-- ===== src/Boot/Start.antt =====
-- The memory behind `kernel_main`: the frame allocator, the identity map and the heap together.
use stak_os.Base.{
  ℕ, ◌+◌, ◌/◌, ◌%◌, ◌≤◌, ◌<◌, ◌≡◌, inl, inr, refl, true, not, ◌&&◌, some, List, [], ◌∷◌,
  if◌then◌else◌, map, length, length-map, arith,
}
use stak_os.Base.Distinct.{NotIn, AllOf, NotIn-AllOf, both_or_NotIn}
use stak_os.Base.Run.{done}
use stak_os.Base.Words.{u32_mod}
use stak_os.Memory.{Mem}
use stak_os.Pmm.{Pmm, page_size, max_frames, frame_test}
use stak_os.Pmm.Alloc.{IsValid}
use stak_os.Pmm.Map.{Tag, AreTags, available, items}
use stak_os.Pmm.Init.{reserved, pmm_init_lem}
use stak_os.Kmalloc.{Heap, kmalloc_init}
use stak_os.Kmalloc.Chain.{Block}
use stak_os.Kmalloc.Calls.{IsHeap}
use stak_os.Kmalloc.Init.{kmalloc_init-Initialised}
use stak_os.Kmalloc.Round.{frame_block}
use stak_os.Paging.{Vm, paging_init}
use stak_os.Paging.Walk.{walk}
use stak_os.Paging.Identity.{TablesApart, InTables, paging_init-kept}
use stak_os.Kernel.{Kernel, vm_of, with_vm, with_pmm}
use stak_os.Kernel.Print.{color, lit, int, light_green, light_grey, pmm_print_stats}
use stak_os.Kernel.Print.Said.{say-done, kmalloc_print_stats-done}
use stak_os.Boot.{Links, heap_pages, init_memory}

-- What the linker and the boot loader see to: the tables of the memory map, and the statics of
-- paging.c in the image of the kernel.
pub record IsLoaded (l : Links) (mboot_ptr : ℕ) (ts : List Tag) (m : Mem) (h : Heap) (p : Pmm)
    : Type 0 where
  pub tags : AreTags m (mboot_ptr + 8) ts
  pub few : items ts ≤ 100_000
  pub end_word : l.kernel_end + page_size < u32_mod
  pub tables_page : l.identity_pts % 4096 ≡ 0
  pub directory_page : l.kernel_pd % 4096 ≡ 0
  pub tables_inside : l.identity_pts + 32768 ≤ l.kernel_end
  pub directory_inside : l.kernel_pd + 4096 ≤ l.kernel_end
  pub apart : TablesApart l.identity_pts l.kernel_pd
  pub heap_zero : h ≡ record { heap_start = 0; heap_total_bytes = 0 }
  pub none_free : p.free_frames ≡ 0
  pub fuel_tags : items ts < l.fuel
  pub fuel_heap : heap_pages < l.fuel

-- The memory that the kernel starts its processes with.
pub record HasMemory (l : Links) (mboot_ptr : ℕ) (ts : List Tag) (m : Mem) (h : Heap) (p : Pmm)
    : Type 0 where
  pub blocks : List Block
  pub heap : IsHeap m h blocks
  pub few : length blocks ≤ heap_pages
  pub slack : ℕ
  pub frames : IsValid slack p
  pub safe :
      (f : ℕ)
      → f < max_frames
      → frame_test p.bitmap f ≡ 0
      → (available ts f && not (reserved mboot_ptr l.kernel_end f)) ≡ true
  pub identity : (a : ℕ) → a < 0x200_0000 → walk m l.kernel_pd a ≡ some a

module _ (l : Links) (mboot_ptr : ℕ) (ts : List Tag) {m : Mem} {h : Heap} {p : Pmm}
    (v : IsLoaded l mboot_ptr ts m h p) (q : Pmm) where
  abbrev at_first : Vm
  at_first = record { mem = m; pmm = q; kernel_pd = l.kernel_pd }

  abbrev paged : Mem
  paged = (paging_init at_first l.identity_pts).mem

  abbrev Bits : Type 0
  Bits =
      (f : ℕ)
      → f < max_frames
      → frame_test q.bitmap f
        ≡ (if available ts f && not (reserved mboot_ptr l.kernel_end f) then 0 else 1)

  -- A byte of the image lies in no frame that was free.
  inside-NotIn :
      (ns : List ℕ) (x : ℕ)
      → Bits
      → x < l.kernel_end
      → AllOf (λ f. (f < max_frames) × (frame_test q.bitmap f ≡ 0)) ns
      → NotIn (x / page_size) ns
  inside-NotIn ns x bits lt free =
      NotIn-AllOf _ (x / page_size) ns (λ f e (in_ram, z). ground (arith, bits f in_ram, e)) free

  heap-HasMemory :
      (slack : ℕ)
      → IsValid slack q
      → Bits
      → (let r = kmalloc_init heap_pages h paged q in HasMemory l mboot_ptr ts (r.1) (r.0) (r.2))
  heap-HasMemory slack valid bits =
      let zero_used : frame_test q.bitmap 0 ≡ 1 = ground (arith, bits 0) in
      let t = kmalloc_init-Initialised paged valid zero_used heap_pages in
      rw v.heap_zero (record {
        blocks = map frame_block t.ns;
        heap = t.heap;
        few = ground (arith, length-map frame_block t.ns, t.count);
        slack = slack;
        frames = t.taken.valid;
        safe = λ f l z. elim (both_or_NotIn _ _ f t.ns t.taken.free_before t.taken.used_after) [
          | inl (_, used) ↦ absurd (omega (arith, used, z))
          | inr out ↦ ground (arith, bits f l, t.taken.others f out)
        ];
        identity = λ a.
            paging_init-kept at_first l.identity_pts _ v.tables_page v.directory_page
              (omega (arith, v.tables_inside, v.end_word)) v.apart
              (λ x i. t.outside x (inside-NotIn t.ns x bits (inside x i) t.taken.free_before)) a;
      })
    where
      inside : (x : ℕ) → InTables l.identity_pts l.kernel_pd x → x < l.kernel_end
      inside x (inl i) = omega (arith, v.tables_inside)
      inside x (inr i) = omega (arith, v.directory_inside)

-- The parts of the kernel that the start of the memory leaves.
pub record SameRest (k k' : Kernel) : Type 0 where
  pub zombies : k'.sched.zombie_head ≡ k.sched.zombie_head
  pub files : k'.files ≡ k.files
  pub ticks : k'.tick_count ≡ k.tick_count

pub init_memory_lem :
    (l : Links) (k : Kernel) (mboot_ptr : ℕ) (ts : List Tag)
    → IsLoaded l mboot_ptr ts k.mem k.heap k.pmm
    → (k' : Kernel) × (init_memory l k mboot_ptr ≡ done k')
      × HasMemory l mboot_ptr ts k'.mem k'.heap k'.pmm
      × SameRest k k'
unfolding init_memory paging_init
init_memory_lem l k mboot_ptr ts v =
    let (slack, q, started, valid, bits) =
      pmm_init_lem l.fuel k.mem mboot_ptr l.kernel_end ts k.pmm v.tags v.none_free v.fuel_tags v.few
        v.end_word in
    let g = heap-HasMemory l mboot_ptr ts v q slack valid bits in
    let (w1, e1) = say-done (with_pmm k q) (pmm_print_stats q) in
    let k1 : Kernel = record k {
      pmm = q;
      screen = w1;
      kernel_pd = l.kernel_pd;
      sched = record k.sched { cr3 = l.kernel_pd };
    } in
    let k2 : Kernel = with_vm k1 (paging_init (vm_of k1) l.identity_pts) in
    let (w2, e2) = say-done k2 (
      color light_green
      ∷ lit "[OK] Paging enabled (identity 0 - "
      ∷ int 32
      ∷ lit "MB)\n"
      ∷ color light_grey
      ∷ []) in
    let r = kmalloc_init heap_pages k2.heap k2.mem k2.pmm in
    let k3 : Kernel = record k2 { screen = w2; heap = r.0; mem = r.1; pmm = r.2 } in
    let (w3, e3) =
      kmalloc_print_stats-done l.fuel k3 g.blocks g.heap (omega (arith, g.few, v.fuel_heap)) in
    (
      record k3 { screen = w3 },
      rw (init_memory, started, e1, e2) e3,
      g,
      record { zombies = refl; files = refl; ticks = refl },
    )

◆ TASK INSTRUCTIONS ◆
Here the output must be the lines above from the line with "(arith, used, z))" to the line with "pub zombies : k'.sched.zombie_head", both included, duplicated word for word and nothing else.

◆ TASK SOLUTION ◆
          | inl (_, used) ↦ absurd (omega (arith, used, z))
          | inr out ↦ ground (arith, bits f l, t.taken.others f out)
        ];
        identity = λ a.
            paging_init-kept at_first l.identity_pts _ v.tables_page v.directory_page
              (omega (arith, v.tables_inside, v.end_word)) v.apart
              (λ x i. t.outside x (inside-NotIn t.ns x bits (inside x i) t.taken.free_before)) a;
      })
    where
      inside : (x : ℕ) → InTables l.identity_pts l.kernel_pd x → x < l.kernel_end
      inside x (inl i) = omega (arith, v.tables_inside)
      inside x (inr i) = omega (arith, v.directory_inside)

-- The parts of the kernel that the start of the memory leaves.
pub record SameRest (k k' : Kernel) : Type 0 where
  pub zombies : k'.sched.zombie_head ≡ k.sched.zombie_head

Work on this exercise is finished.